WHAT YOU HAVE TO DO:
Find "pub ctz_lowest : (n" and "bit_of_ne_zero zero w" in the records below. Copy the lines holding them and every line between, exactly, and no others.

DATASET CONTENT:
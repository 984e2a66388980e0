-- ===== src/Base/Bits/Laws.antt =====
-- `bit w i`, and the value of each operation at each bit.
use Prim.Native.Nat.{
  ℕ, zero, suc, ◌+◌, ◌-◌, ◌*◌, ◌/◌, ◌%◌, ◌^◌, ◌≤◌, ◌<◌, bit_and, bit_or, bit_xor, differ,
  bit_and-bitwise,
}
use mathlib.Core.Path.{◌≡◌, refl, sym, ap, ◌∙◌}
use mathlib.Core.Logic.{◌≢◌, inl, inr}
use mathlib.Core.Bool.{Bool, true, false, not, ◌&&◌, ◌||◌}
use native.Mathlib.Nat.{
  pow-suc, pow-succ', div-div-eq-div-mul, div-one, mod-one, div-add-mod, one-le-pow,
}
use native.Mathlib.Omega.{arith}
use flexplane.Base.Tests.{ltb, leb, ◌==◌, if◌then◌else◌, Bool-cases}
use flexplane.Base.Bits.Step.{bit_xor_step, bit_and_step, bit_or_step}

-- Whether bit i of w is set.
pub bit : ℕ → ℕ → Bool
bit w zero = w % 2 == 1
bit w (suc i) = bit (w / 2) i

pub bit-zero : (i : ℕ) → bit 0 i ≡ false
unfolding bit
bit-zero zero = refl
bit-zero (suc i) = bit-zero i

pub bit-bit_and : (a b i : ℕ) → bit (bit_and a b) i ≡ (bit a i && bit b i)
unfolding bit
bit-bit_and a b zero = ground (arith, bit_and_step a b)
bit-bit_and a b (suc i) =
    ap (λ w. bit w i) (omega (arith, bit_and_step a b)) ∙ bit-bit_and (a / 2) (b / 2) i

pub bit-bit_or : (a b i : ℕ) → bit (bit_or a b) i ≡ (bit a i || bit b i)
unfolding bit
bit-bit_or a b zero = ground (arith, bit_or_step a b)
bit-bit_or a b (suc i) =
    ap (λ w. bit w i) (omega (arith, bit_or_step a b)) ∙ bit-bit_or (a / 2) (b / 2) i

-- Exclusive or on two digits.
differ_digits : (a b : ℕ) → a < 2 → b < 2 → differ a b ≡ (a + b) % 2
differ_digits zero b h k = omega arith
differ_digits (suc zero) zero h k = refl
differ_digits (suc zero) (suc zero) h k = refl
differ_digits (suc zero) (suc (suc b)) h k = absurd (omega arith)
differ_digits (suc (suc a)) b h k = absurd (omega arith)

pub bit-bit_xor : (a b i : ℕ) → bit (bit_xor a b) i ≡ (if bit b i then not (bit a i) else bit a i)
unfolding bit
bit-bit_xor a b zero =
    ground (arith, bit_xor_step a b, differ_digits (a % 2) (b % 2) (omega arith) (omega arith))
bit-bit_xor a b (suc i) =
    ap (λ w. bit w i)
      (omega (arith, bit_xor_step a b, differ_digits (a % 2) (b % 2) (omega arith) (omega arith)))
    ∙ bit-bit_xor (a / 2) (b / 2) i

div-pow-suc : (w k : ℕ) → w / 2 ^ suc k ≡ w / 2 / 2 ^ k
div-pow-suc w k = ap (λ t. w / t) (pow-succ' 2 k) ∙ sym (div-div-eq-div-mul w 2 (2 ^ k))

pub bit-div : (k w i : ℕ) → bit (w / 2 ^ k) i ≡ bit w (i + k)
bit-div zero w i = ap (λ v. bit v i) (div-one w) ∙ ap (bit w) (omega arith)
bit-div (suc k) w i =
    ap (λ v. bit v i) (div-pow-suc w k)
    ∙ bit-div k (w / 2) i
    ∙ unfold bit in sym (ap (bit w) (let e : i + suc k ≡ suc (i + k) = omega arith in e))

mul-pow-suc : (w k : ℕ) → w * 2 ^ suc k ≡ 2 * (w * 2 ^ k)
mul-pow-suc w k = omega (arith, ap (λ (t : ℕ). w * t) (pow-suc 2 k))

-- The bits of a left shift.
pub bit-mul : (k w i : ℕ) → bit (w * 2 ^ k) i ≡ (leb k i && bit w (i - k))
unfolding bit
bit-mul zero w i = ground arith
bit-mul (suc k) w zero = ground (arith, mul-pow-suc w k)
bit-mul (suc k) w (suc i) =
    ap (λ v. bit v i) (omega (arith, mul-pow-suc w k)) ∙ bit-mul k w i ∙ ground arith

mod-pow-suc : (w n : ℕ) → w % 2 ^ suc n ≡ 2 * (w / 2 % 2 ^ n) + w % 2
mod-pow-suc w n = omega (
  arith,
  div-add-mod w (2 ^ suc n),
  div-add-mod (w / 2) (2 ^ n),
  ap (λ (t : ℕ). 2 ^ suc n * t) (div-pow-suc w n),
  ap (λ (t : ℕ). t * (w / 2 / 2 ^ n)) (pow-suc 2 n),
)

-- The bits of a cast to n bits.
pub bit-mod : (n w i : ℕ) → bit (w % 2 ^ n) i ≡ (ltb i n && bit w i)
unfolding bit
bit-mod zero w i = rw (mod-one w, bit-zero i) (ground arith)
bit-mod (suc n) w zero = ground (arith, mod-pow-suc w n)
bit-mod (suc n) w (suc i) =
    ap (λ v. bit v i) (omega (arith, mod-pow-suc w n)) ∙ bit-mod n (w / 2) i ∙ ground arith

-- The bits of a complement on n bits.
pub bit-complement : (n w i : ℕ) → w < 2 ^ n → bit (2 ^ n - 1 - w) i ≡ (ltb i n && not (bit w i))
unfolding bit
bit-complement zero w i h = ap (λ v. bit v i) (omega arith) ∙ bit-zero i ∙ ground arith
bit-complement (suc n) w zero h = ground (arith, pow-suc 2 n)
bit-complement (suc n) w (suc i) h =
    ap (λ v. bit v i) (omega (arith, pow-suc 2 n))
    ∙ bit-complement n (w / 2) i (omega (arith, pow-suc 2 n))
    ∙ ground arith

pub bit-ge : (n w i : ℕ) → w < 2 ^ n → n ≤ i → bit w i ≡ false
unfolding bit
bit-ge zero w i h k = let e : w ≡ 0 = omega arith in rw e (bit-zero i)
bit-ge (suc n) w zero h k = absurd (omega arith)
bit-ge (suc n) w (suc i) h k = bit-ge n (w / 2) i (omega (arith, pow-suc 2 n)) (omega arith)

-- Words with the same bits are equal.
pub bits_ext : (n a b : ℕ) → a < 2 ^ n → b < 2 ^ n → ((i : ℕ) → i < n → bit a i ≡ bit b i) → a ≡ b
unfolding bit
bits_ext zero a b ha hb h = omega arith
bits_ext (suc n) a b ha hb h = ground (
  arith,
  h 0 (omega arith),
  bits_ext n (a / 2) (b / 2) (omega (arith, pow-suc 2 n)) (omega (arith, pow-suc 2 n))
      (λ i p. h (suc i) (omega arith)),
)

pub bit_lowest : (w : ℕ) → bit w 0 ≡ (w % 2 == 1)
unfolding bit
bit_lowest w = refl

pub bit-one : (i : ℕ) → bit 1 i ≡ (0 == i)
unfolding bit
bit-one zero = refl
bit-one (suc i) = bit-zero i ∙ ground arith

-- Counting zeros from the low end and from the high end of an n-bit word: what
-- `__builtin_ffsl` and `__builtin_clzl` are made of.
pub ctz : ℕ → ℕ → ℕ
ctz zero w = 0
ctz (suc n) w = if w % 2 == 1 then 0 else suc (ctz n (w / 2))

pub clz : ℕ → ℕ → ℕ
clz zero w = 0
clz (suc n) w = if bit w n then 0 else suc (clz n w)

-- Any set bit stands at or above the lowest one.
pub ctz_lowest : (n w j : ℕ) → j < n → bit w j ≡ true → (ctz n w ≤ j) × (bit w (ctz n w) ≡ true)
unfolding ctz bit
ctz_lowest zero w j h b = absurd (omega arith)
ctz_lowest (suc n) w zero h b = ground arith
ctz_lowest (suc n) w (suc j) h b = elim (Bool-cases (w % 2 == 1)) [
  | inl odd ↦ rw odd (omega arith, odd)
  | inr even ↦ let ih = ctz_lowest n (w / 2) j (omega arith) b in rw even (omega (arith, ih), ih.1)
]

-- Any set bit stands at or below the highest one.
pub clz_highest :
    (n w j : ℕ)
    → j < n
    → bit w j ≡ true
    → (clz n w < n) × (j ≤ n - 1 - clz n w) × (bit w (n - 1 - clz n w) ≡ true)
unfolding clz
clz_highest zero w j h b = absurd (omega arith)
clz_highest (suc n) w j h b = elim (Bool-cases (bit w n)) [
  | inl top ↦ rw top (omega arith, omega arith, ap (bit w) (omega arith) ∙ top)
  | inr low ↦
      let below : j < n = ground arith in
      let ih = clz_highest n w j below b in
      rw low (omega (arith, ih), omega (arith, ih), ap (bit w) (omega (arith, ih)) ∙ ih.2)
]

-- A word that is not zero has a set bit.
pub bit_of_ne_zero : (n w : ℕ) → w < 2 ^ n → w ≢ 0 → (j : ℕ) × (j < n) × (bit w j ≡ true)
unfolding bit
bit_of_ne_zero zero w h ne = absurd (ne (omega arith))
bit_of_ne_zero (suc n) w h ne = elim (Bool-cases (w % 2 == 1)) [
  | inl odd ↦ (0, omega arith, odd)
  | inr even ↦
      let rest = bit_of_ne_zero n (w / 2) (omega (arith, pow-suc 2 n)) (λ e. ne (ground arith)) in
      (suc rest.0, omega (arith, rest.1), rest.2)
]

pub ne_zero_of_bit : (w j : ℕ) → bit w j ≡ true → w ≢ 0
ne_zero_of_bit w j b e = cc (ap (λ v. bit v j) e, bit-zero j)

bit_and-zero : (n a : ℕ) → a ≤ n → bit_and a 0 ≡ 0
bit_and-zero n zero h = refl
bit_and-zero zero (suc a) h = absurd (omega arith)
bit_and-zero (suc n) (suc a) h =
    omega (arith, bit_and_step (suc a) 0, bit_and-zero n (suc a / 2) (omega arith))

-- A mask of k ones takes the remainder by 2 ^ k.
pub bit_and-mask : (k a : ℕ) → bit_and a (2 ^ k - 1) ≡ a % 2 ^ k
bit_and-mask zero a = rw (mod-one a) (bit_and-zero a a (omega arith))
bit_and-mask (suc k) a = omega (
  arith,
  bit_and_step a (2 ^ suc k - 1),
  mod-pow-suc a k,
  pow-suc 2 k,
  one-le-pow k 2 (omega arith),
  ap (λ (t : ℕ). bit_and (a / 2) t)
      (let e : (2 ^ suc k - 1) / 2 ≡ 2 ^ k - 1 = omega (arith, pow-suc 2 k) in e),
  bit_and-mask k (a / 2),
)

pub bit_and-lt-pow : (n a b : ℕ) → a < 2 ^ n → bit_and a b < 2 ^ n
bit_and-lt-pow zero a b h = let e : a ≡ 0 = omega arith in rw (e, bit_and-bitwise) (omega arith)
bit_and-lt-pow (suc n) a b h = omega (
  arith,
  bit_and_step a b,
  pow-suc 2 n,
  bit_and-lt-pow n (a / 2) (b / 2) (omega (arith, pow-suc 2 n)),
)

pub bit_or-lt-pow : (n a b : ℕ) → a < 2 ^ n → b < 2 ^ n → bit_or a b < 2 ^ n
bit_or-lt-pow zero a b h k =
    let e : a ≡ 0 = omega arith in let f : b ≡ 0 = omega arith in rw (e, f) (omega arith)
bit_or-lt-pow (suc n) a b h k = omega (
  arith,
  bit_or_step a b,
  pow-suc 2 n,
  bit_or-lt-pow n (a / 2) (b / 2) (omega (arith, pow-suc 2 n)) (omega (arith, pow-suc 2 n)),
)

-- `w & -w` keeps the lowest set bit alone.
pub bit-lowest : (n w i : ℕ) → w < 2 ^ n → w ≢ 0 → bit (bit_and w (2 ^ n - w)) i ≡ (i == ctz n w)
unfolding bit ctz
bit-lowest zero w i h ne = absurd (ne (omega arith))
bit-lowest (suc n) w zero h ne = ground (arith, bit_and_step w (2 ^ suc n - w), pow-suc 2 n)
bit-lowest (suc n) w (suc i) h ne = elim (Bool-cases (w % 2 == 1)) [
  | inl odd ↦ rw odd (
      ap (λ v. bit v i)
        (let e : bit_and w (2 ^ suc n - w) / 2 ≡ bit_and (w / 2) (2 ^ n - 1 - w / 2) = omega (
          arith,
          bit_and_step w (2 ^ suc n - w),
          ap (bit_and (w / 2))
              (let f : (2 ^ suc n - w) / 2 ≡ 2 ^ n - 1 - w / 2 = ground (arith, pow-suc 2 n) in f),
        ) in
          e)
      ∙ ground (
        arith,
        bit-bit_and (w / 2) (2 ^ n - 1 - w / 2) i,
        bit-complement n (w / 2) i (omega (arith, pow-suc 2 n)),
      ))
  | inr even ↦ rw even (
      ap (λ v. bit v i)
        (let e : bit_and w (2 ^ suc n - w) / 2 ≡ bit_and (w / 2) (2 ^ n - w / 2) = omega (
          arith,
          bit_and_step w (2 ^ suc n - w),
          ap (bit_and (w / 2))
              (let f : (2 ^ suc n - w) / 2 ≡ 2 ^ n - w / 2 = ground (arith, pow-suc 2 n) in f),
        ) in
          e)
      ∙ bit-lowest n (w / 2) i (omega (arith, pow-suc 2 n)) (λ z. ne (ground arith))
      ∙ ground arith)
]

ANSWER BOX:
pub ctz_lowest : (n w j : ℕ) → j < n → bit w j ≡ true → (ctz n w ≤ j) × (bit w (ctz n w) ≡ true)
unfolding ctz bit
ctz_lowest zero w j h b = absurd (omega arith)
ctz_lowest (suc n) w zero h b = ground arith
ctz_lowest (suc n) w (suc j) h b = elim (Bool-cases (w % 2 == 1)) [
  | inl odd ↦ rw odd (omega arith, odd)
  | inr even ↦ let ih = ctz_lowest n (w / 2) j (omega arith) b in rw even (omega (arith, ih), ih.1)
]

-- Any set bit stands at or below the highest one.
pub clz_highest :
    (n w j : ℕ)
    → j < n
    → bit w j ≡ true
    → (clz n w < n) × (j ≤ n - 1 - clz n w) × (bit w (n - 1 - clz n w) ≡ true)
unfolding clz
clz_highest zero w j h b = absurd (omega arith)
clz_highest (suc n) w j h b = elim (Bool-cases (bit w n)) [
  | inl top ↦ rw top (omega arith, omega arith, ap (bit w) (omega arith) ∙ top)
  | inr low ↦
      let below : j < n = ground arith in
      let ih = clz_highest n w j below b in
      rw low (omega (arith, ih), omega (arith, ih), ap (bit w) (omega (arith, ih)) ∙ ih.2)
]

-- A word that is not zero has a set bit.
pub bit_of_ne_zero : (n w : ℕ) → w < 2 ^ n → w ≢ 0 → (j : ℕ) × (j < n) × (bit w j ≡ true)
unfolding bit
bit_of_ne_zero zero w h ne = absurd (ne (omega arith))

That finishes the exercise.